INPUT MATERIAL: Begin

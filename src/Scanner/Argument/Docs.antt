-- ===== src/Scanner/Argument/Docs.antt =====
-- `output_doc_param` and `output_doc_ret` of pywayland/scanner/argument.py.
use pywayland_i6ie.Base.{String, ◌<>◌, Option, none, some, if◌then◌else◌}
use pywayland_i6ie.Scanner.ArgumentType.{member_name}
use pywayland_i6ie.Scanner.Library.{Library}
use pywayland_i6ie.Scanner.Printer.{Output, ◌⨾◌, indented, when_some}
use pywayland_i6ie.Scanner.Printer.Docs.{doc, docstring}
use pywayland_i6ie.Scanner.Printer.Layout.{
  IsLayout, layout_rules, when_some-IsLayout, indented-IsLayout, docstring-IsLayout, doc-IsLayout,
  ⨾-IsLayout,
}
use pywayland_i6ie.Scanner.Xml.{present}
use pywayland_i6ie.Scanner.Argument.{Argument}

abbrev or_else : Option String → String → String
or_else none text = text
or_else (some found) text = found

abbrev with_summary : String → Option String → String
with_summary arg_type none = arg_type
with_summary arg_type (some summary) = arg_type <> " -- " <> summary

module _ (L : Library) where
  unfoldable pub output_doc_param : Argument → Output
  unfolding member_name
  output_doc_param a =
      let arg_type =
        or_else (present a.interface) ("`ArgumentType." <> member_name a.type <> "`") in
      doc L (":param " <> a.name <> ":")
      ⨾ when_some (present a.summary) (λ summary. indented (docstring L summary))
      ⨾ doc L (":type " <> a.name <> ":")
      ⨾ indented (doc L (if a.allow_null then arg_type <> " or `None`" else arg_type))

  unfoldable pub output_doc_ret : Argument → Output
  output_doc_ret a =
      let arg_type =
        or_else (present a.interface)
          ":class:`pywayland.client.proxy.Proxy` of specified Interface" in
      doc L ":returns:" ⨾ indented (docstring L (with_summary arg_type (present a.summary)))

  pub output_doc_param-IsLayout : (a : Argument) → IsLayout (output_doc_param a)
  unfolding output_doc_param
  output_doc_param-IsLayout a =
      ⨾-IsLayout
        (⨾-IsLayout
          (⨾-IsLayout (doc-IsLayout L _) (
            when_some-IsLayout (present a.summary) (λ summary. indented (docstring L summary))
              (λ s. indented-IsLayout (docstring-IsLayout L s))))
          (doc-IsLayout L _))
        (indented-IsLayout (doc-IsLayout L _))

  pub output_doc_ret-IsLayout : (a : Argument) → IsLayout (output_doc_ret a)
  unfolding output_doc_ret
  output_doc_ret-IsLayout a = search layout_rules
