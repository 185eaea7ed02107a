-- ===== src/Scanner/Method/Request.antt =====
-- pywayland/scanner/request.py: a request, which clients send.
use pywayland_i6ie.Base.{
  ℕ, String, ◌<>◌, Bool, true, false, Option, none, some, List, [], ◌∷◌, ◌++◌, Result, ok, ◌>>=◌,
  if◌then◌else◌, ◌==◌, String-Eq, ◌&&◌, any,
}
use pywayland_i6ie.Base.Text.{join, str}
use pywayland_i6ie.Base.Words.{camel_case}
use pywayland_i6ie.Scanner.ArgumentType.{is_new_id, is_object}
use pywayland_i6ie.Scanner.Library.{Library}
use pywayland_i6ie.Scanner.Printer.{Output, ◌⨾◌, line, each, when_some, when}
use pywayland_i6ie.Scanner.Xml.{Xml, parse_optional_attribute, present}
use pywayland_i6ie.Scanner.Argument.{Argument, argument_signature}
use pywayland_i6ie.Scanner.Argument.Docs.{output_doc_param, output_doc_ret}
use pywayland_i6ie.Scanner.Method.{Method, MethodClass, parse_method}

pub record Request : Type 0 where
  pub method : Method
  pub type : Option String

unfoldable pub parse_request : Library → Xml → Result Request
unfolding parse_method parse_optional_attribute
parse_request L x = do
  m ← parse_method L x
  ok (record { method = m; type = parse_optional_attribute x "type" })

-- The property `new_id`: the first argument of the type.
unfoldable pub first_new_id : List Argument → Option Argument
first_new_id [] = none
first_new_id (a ∷ arg) = if is_new_id a.type then some a else first_new_id arg

-- `method_args`: a new id of a known interface is no parameter, one of any interface is two.
unfoldable pub request_args : List Argument → List String
unfolding argument_signature
request_args [] = []
request_args (a ∷ arg) =
    (if is_new_id a.type
      then (elim (present a.interface) [
        | some _ ↦ []
        | none ↦ "interface: Type[T]" ∷ "version: int" ∷ []
      ])
      else argument_signature a ∷ [])
    ++ request_args arg

-- `marshal_args`: the values that the generated body passes on.
unfoldable pub marshal_args : List Argument → List String
marshal_args [] = []
marshal_args (a ∷ arg) =
    (if is_new_id a.type
      then (elim (present a.interface) [ some _ ↦ [] | none ↦ "interface.name" ∷ "version" ∷ [] ])
      else a.name ∷ [])
    ++ marshal_args arg

new_id_return : Option String → String
new_id_return none = "Proxy[T]"
new_id_return (some interface) = "Proxy[" <> camel_case interface <> "]"

request_return_type : Option Argument → String
unfolding new_id_return
request_return_type none = "None"
request_return_type (some a) = new_id_return (present a.interface)

id_class : Option String → String
id_class none = "interface"
id_class (some interface) = camel_case interface

abbrev is_destructor : Option String → Bool
is_destructor none = false
is_destructor (some type) = type == "destructor"

-- The lines of the body: a constructor returns the new object, and a destructor that makes none
-- destroys the proxy.
body_lines : Request → ℕ → Option Argument → List String
body_lines r opcode (some a) =
    (a.name
      <> " = self._marshal_constructor("
      <> join ", " (str opcode ∷ id_class (present a.interface) ∷ marshal_args r.method.arg)
      <> ")")
    ∷ ("return " <> a.name)
    ∷ []
body_lines r opcode none =
    ("self._marshal(" <> join ", " (str opcode ∷ marshal_args r.method.arg) <> ")")
    ∷ (if is_destructor r.type then "self._destroy()" ∷ [] else [])

unfoldable pub request_body : Request → ℕ → Output
unfolding body_lines first_new_id marshal_args id_class str
request_body r opcode = each line (body_lines r opcode (first_new_id r.method.arg))

untyped_new_id_docs : List String
untyped_new_id_docs =
    ":param interface:" ∷ "    Interface name" ∷ ":type interface:" ∷ "    `string`"
    ∷ ":param version:" ∷ "    Interface version" ∷ ":type version:" ∷ "    `int`" ∷ []

-- The argument that is documented as returned: the last new id.
unfoldable pub last_new_id : Option Argument → List Argument → Option Argument
last_new_id ret [] = ret
last_new_id ret (a ∷ arg) = last_new_id (if is_new_id a.type then some a else ret) arg

module _ (L : Library) where
  unfoldable pub doc_request_arg : Argument → Output
  unfolding untyped_new_id_docs output_doc_param
  doc_request_arg a =
      if is_new_id a.type
      then (elim (present a.interface) [ some _ ↦ ok | none ↦ each line untyped_new_id_docs ])
      else output_doc_param L a

  unfoldable pub request_doc_params : List Argument → Output
  unfolding doc_request_arg last_new_id output_doc_ret
  request_doc_params arg =
      each doc_request_arg arg ⨾ when_some (last_new_id none arg) (output_doc_ret L)

  -- `output_doc_ret`, which documents every new id.
  unfoldable pub request_doc_rets : List Argument → Output
  unfolding output_doc_ret
  request_doc_rets arg = each (λ (a : Argument). when (is_new_id a.type) (output_doc_ret L a)) arg

  unfoldable pub request_class : Request → MethodClass
  unfolding request_args request_return_type request_doc_params request_body
  request_class r = record {
    method = r.method;
    method_type = "request";
    method_args = request_args r.method.arg;
    return_type = request_return_type (first_new_id r.method.arg);
    output_doc_params = request_doc_params r.method.arg;
    output_body = request_body r;
  }

-- An object of any interface is annotated with `Any`.
abbrev is_untyped : Option String → Bool
is_untyped interface = elim (present interface) [ none ↦ true | some _ ↦ false ]

unfoldable pub request_needs_any : Request → Bool
request_needs_any r =
    any (λ (a : Argument). is_object a.type && is_untyped a.interface) r.method.arg

-- `req.new_id and not req.new_id.interface`
unfoldable pub defines_t : Request → Bool
unfolding first_new_id
defines_t r = elim (first_new_id r.method.arg) [ none ↦ false | some a ↦ is_untyped a.interface ]
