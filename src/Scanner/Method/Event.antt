-- ===== src/Scanner/Method/Event.antt =====
-- pywayland/scanner/event.py: an event, which servers send.
use pywayland_i6ie.Base.{
  ℕ, String, ◌<>◌, Bool, true, false, none, some, List, ◌∷◌, map, Result, ok, ◌>>=◌, ◌&&◌, ◌||◌,
  any,
}
use pywayland_i6ie.Base.Text.{join, str}
use pywayland_i6ie.Scanner.ArgumentType.{is_new_id, is_object}
use pywayland_i6ie.Scanner.Library.{Library}
use pywayland_i6ie.Scanner.Printer.{Output, line, each}
use pywayland_i6ie.Scanner.Xml.{Xml, present}
use pywayland_i6ie.Scanner.Argument.{Argument, argument_signature}
use pywayland_i6ie.Scanner.Argument.Docs.{output_doc_param}
use pywayland_i6ie.Scanner.Method.{Method, MethodClass, parse_method}

pub record Event : Type 0 where
  pub method : Method

unfoldable pub parse_event : Library → Xml → Result Event
unfolding parse_method
parse_event L x = do m ← parse_method L x; ok (record { method = m })

-- The values that the generated body passes on: every argument's name.
unfoldable pub event_args : List Argument → List String
event_args arg = map (λ (a : Argument). a.name) arg

unfoldable pub event_body : Event → ℕ → Output
unfolding event_args str
event_body e opcode =
    line ("self._post_event(" <> join ", " (str opcode ∷ event_args e.method.arg) <> ")")

unfoldable pub event_class : Library → Event → MethodClass
unfolding event_body argument_signature output_doc_param
event_class L e = record {
  method = e.method;
  method_type = "event";
  method_args = map argument_signature e.method.arg;
  return_type = "None";
  output_doc_params = each (output_doc_param L) e.method.arg;
  output_body = event_body e;
}

unfoldable pub event_needs_any : Event → Bool
event_needs_any e =
    any
      (λ (a : Argument).
        (is_object a.type || is_new_id a.type)
        && (elim (present a.interface) [ none ↦ true | some _ ↦ false ]))
      e.method.arg
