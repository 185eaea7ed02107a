-- ===== src/Scanner/Interface.antt =====
-- pywayland/scanner/interface.py: an interface, which becomes a module of its own.
pub mod Imports
pub mod Layout
pub mod TopLevel
pub mod Statements
use Prim.Native.Nat.{Ordering}
use Prim.Native.String.{compare}
use pywayland_i6ie.Base.{
  ℕ, suc, String, ◌<>◌, Bool, true, false, Option, none, some, List, [], ◌∷◌, ◌++◌, map, Result, ok,
  ◌>>=◌, if◌then◌else◌, ◌||◌, any,
}
use pywayland_i6ie.Base.Dict.{Dict}
use pywayland_i6ie.Base.Text.{join}
use pywayland_i6ie.Base.Words.{camel_case}
use pywayland_i6ie.Scanner.Library.{Library}
use pywayland_i6ie.Scanner.Printer.{Output, ◌⨾◌, line, blank, each, indented, when_some, when}
use pywayland_i6ie.Scanner.Xml.{Xml, parse_attribute, parse_optional_child, parse_repeated_child}
use pywayland_i6ie.Scanner.Description.{Description, parse_description, output_description}
use pywayland_i6ie.Scanner.Enum.{Enum, parse_enum, output_enum}
use pywayland_i6ie.Scanner.Argument.{Argument}
use pywayland_i6ie.Scanner.Method.{Method, MethodClass, imports, output_method}
use pywayland_i6ie.Scanner.Method.Request.{
  Request, parse_request, request_class, request_needs_any, defines_t,
}
use pywayland_i6ie.Scanner.Method.Event.{Event, parse_event, event_class, event_needs_any}

pub record Interface : Type 0 where
  pub name : String
  pub version : String
  pub description : Option Description
  pub enum : List Enum
  pub event : List Event
  pub request : List Request

unfoldable pub parse_interface : Library → Xml → Result Interface
unfolding parse_attribute parse_optional_child parse_repeated_child parse_description parse_enum
    parse_event parse_request
parse_interface L x = do
  name ← parse_attribute x "name"
  version ← parse_attribute x "version"
  description ← parse_optional_child (parse_description L) x "description"
  enum ← parse_repeated_child (parse_enum L) x "enum"
  event ← parse_repeated_child (parse_event L) x "event"
  request ← parse_repeated_child (parse_request L) x "request"
  ok (record {
    name = name;
    version = version;
    description = description;
    enum = enum;
    event = event;
    request = request;
  })

unfoldable pub class_name : Interface → String
unfolding camel_case
class_name i = camel_case i.name

-- A pair of a module and a class, in the order of Python's tuples and texts.
abbrev pub Import : Type 0
Import = String × String

abbrev lexicographic : Ordering → Ordering → Ordering
lexicographic Ordering.eq second = second
lexicographic first second = first

abbrev pub compare_imports : Import → Import → Ordering
compare_imports (a, b) (c, d) = lexicographic (compare a c) (compare b d)

place : Ordering → Import → Import → List Import → List Import → List Import
place Ordering.lt x y imports later = x ∷ y ∷ imports
place Ordering.eq x y imports later = y ∷ imports
place Ordering.gt x y imports later = y ∷ later

unfoldable pub insert_import : Import → List Import → List Import
unfolding place
insert_import x [] = x ∷ []
insert_import x (y ∷ imports) = place (compare_imports x y) x y imports (insert_import x imports)

-- `sorted(set(imports))`
unfoldable pub sorted_set : List Import → List Import
unfolding insert_import
sorted_set [] = []
sorted_set (x ∷ imports) = insert_import x (sorted_set imports)

methods_imports : String → Dict String → List Method → Result (List Import)
methods_imports name module_imports [] = ok []
methods_imports name module_imports (m ∷ methods) = do
  first ← imports m name module_imports
  rest ← methods_imports name module_imports methods
  ok (first ++ rest)

unfoldable pub methods : Interface → List Method
methods i = map (λ (r : Request). r.method) i.request ++ map (λ (e : Event). e.method) i.event

unfoldable pub interface_imports : Interface → Dict String → Result (List Import)
unfolding methods_imports methods sorted_set imports
interface_imports i module_imports = do
  found ← methods_imports i.name module_imports (methods i)
  ok (sorted_set found)

abbrev has_arguments : Method → Bool
has_arguments m = elim m.arg [ [] ↦ false | _ ∷ _ ↦ true ]

-- `sorted(typing_imports)`, of `Type` and `TypeVar` if there is a request that makes an object of
-- any interface, and `Any` if an annotation needs it.
unfoldable pub typing_imports : Bool → Bool → List String
typing_imports define_t needs_any =
    (if needs_any then "Any" ∷ [] else []) ++ (if define_t then "Type" ∷ "TypeVar" ∷ [] else [])

abbrev is_nonempty {ℓ} : {A : Type ℓ} → List A → Bool
is_nonempty [] = false
is_nonempty (_ ∷ _) = true

argument_lines : List String
argument_lines =
    "from pywayland.protocol_core import (" ∷ "    Argument," ∷ "    ArgumentType," ∷ "    Global,"
    ∷ "    Interface," ∷ "    Proxy," ∷ "    Resource," ∷ ")" ∷ []

-- The lines up to the class: the imports and the type variable.
unfoldable pub header_lines : Interface → List Import → List String
unfolding argument_lines typing_imports methods defines_t request_needs_any event_needs_any
header_lines i found =
    let define_t = any defines_t i.request in
    let needs_any = any request_needs_any i.request || any event_needs_any i.event in
    let typing = typing_imports define_t needs_any in
    "from __future__ import annotations"
    ∷ ""
    ∷ ((if is_nonempty i.enum then "import enum" ∷ [] else [])
        ++ (if is_nonempty typing then ("from typing import " <> join ", " typing) ∷ [] else [])
        ++ ("" ∷ [])
        ++ (if any has_arguments (methods i)
            then argument_lines
            else "from pywayland.protocol_core import Global, Interface, Proxy, Resource" ∷ [])
        ++ map (λ (x : Import). "from " <> x.0 <> " import " <> x.1) found
        ++ (if define_t then "" ∷ "T = TypeVar(\"T\", bound=Interface)" ∷ [] else [])
        ++ ("" ∷ "" ∷ []))

pub footer_lines : String → List String
footer_lines cls =
    ""
    ∷ ""
    ∷ (cls <> "._gen_c()")
    ∷ (cls <> ".proxy_class = " <> cls <> "Proxy")
    ∷ (cls <> ".resource_class = " <> cls <> "Resource")
    ∷ (cls <> ".global_class = " <> cls <> "Global")
    ∷ []

module _ (L : Library) where
  -- The class of the interface, with its docs, its attributes and its enums.
  output_class : Interface → String → Output
  output_class i cls =
      line ("class " <> cls <> "(Interface):")
      ⨾ indented (
          when_some i.description (λ d. output_description L d ⨾ line "\"\"\"" ⨾ blank)
          ⨾ line ("name = \"" <> i.name <> "\"")
          ⨾ line ("version = " <> i.version)
          ⨾ each (λ e. blank ⨾ output_enum e) i.enum)

  -- The methods, each behind an empty line and with its index for an opcode.
  pub output_methods : String → ℕ → List MethodClass → Output
  output_methods cls opcode [] = ok
  output_methods cls opcode (c ∷ classes) =
      blank ⨾ output_method L c opcode cls ⨾ output_methods cls (suc opcode) classes

  output_subclass : String → String → List MethodClass → Output
  unfolding output_methods
  output_subclass title cls classes =
      blank
      ⨾ blank
      ⨾ line ("class " <> title <> ":")
      ⨾ indented (line ("interface = " <> cls) ⨾ output_methods cls 0 classes)

  output_module : Interface → String → List Import → Output
  unfolding output_class output_subclass header_lines footer_lines
  output_module i cls found =
      each line (header_lines i found)
      ⨾ output_class i cls
      ⨾ output_subclass (cls <> "Proxy(Proxy[" <> cls <> "])") cls (map (request_class L) i.request)
      ⨾ output_subclass (cls <> "Resource(Resource)") cls (map (event_class L) i.event)
      ⨾ output_subclass (cls <> "Global(Global)") cls []
      ⨾ each line (footer_lines cls)

  unfoldable pub output_interface : Interface → Dict String → Output
  unfolding output_module interface_imports class_name
  output_interface i module_imports p = do
    found ← interface_imports i module_imports
    output_module i (class_name i) found p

INPUT MATERIAL: End

## TASK GOAL:
Across the entries, how many lines include the string "self"? The answer should be only a number.

## REPLY:
4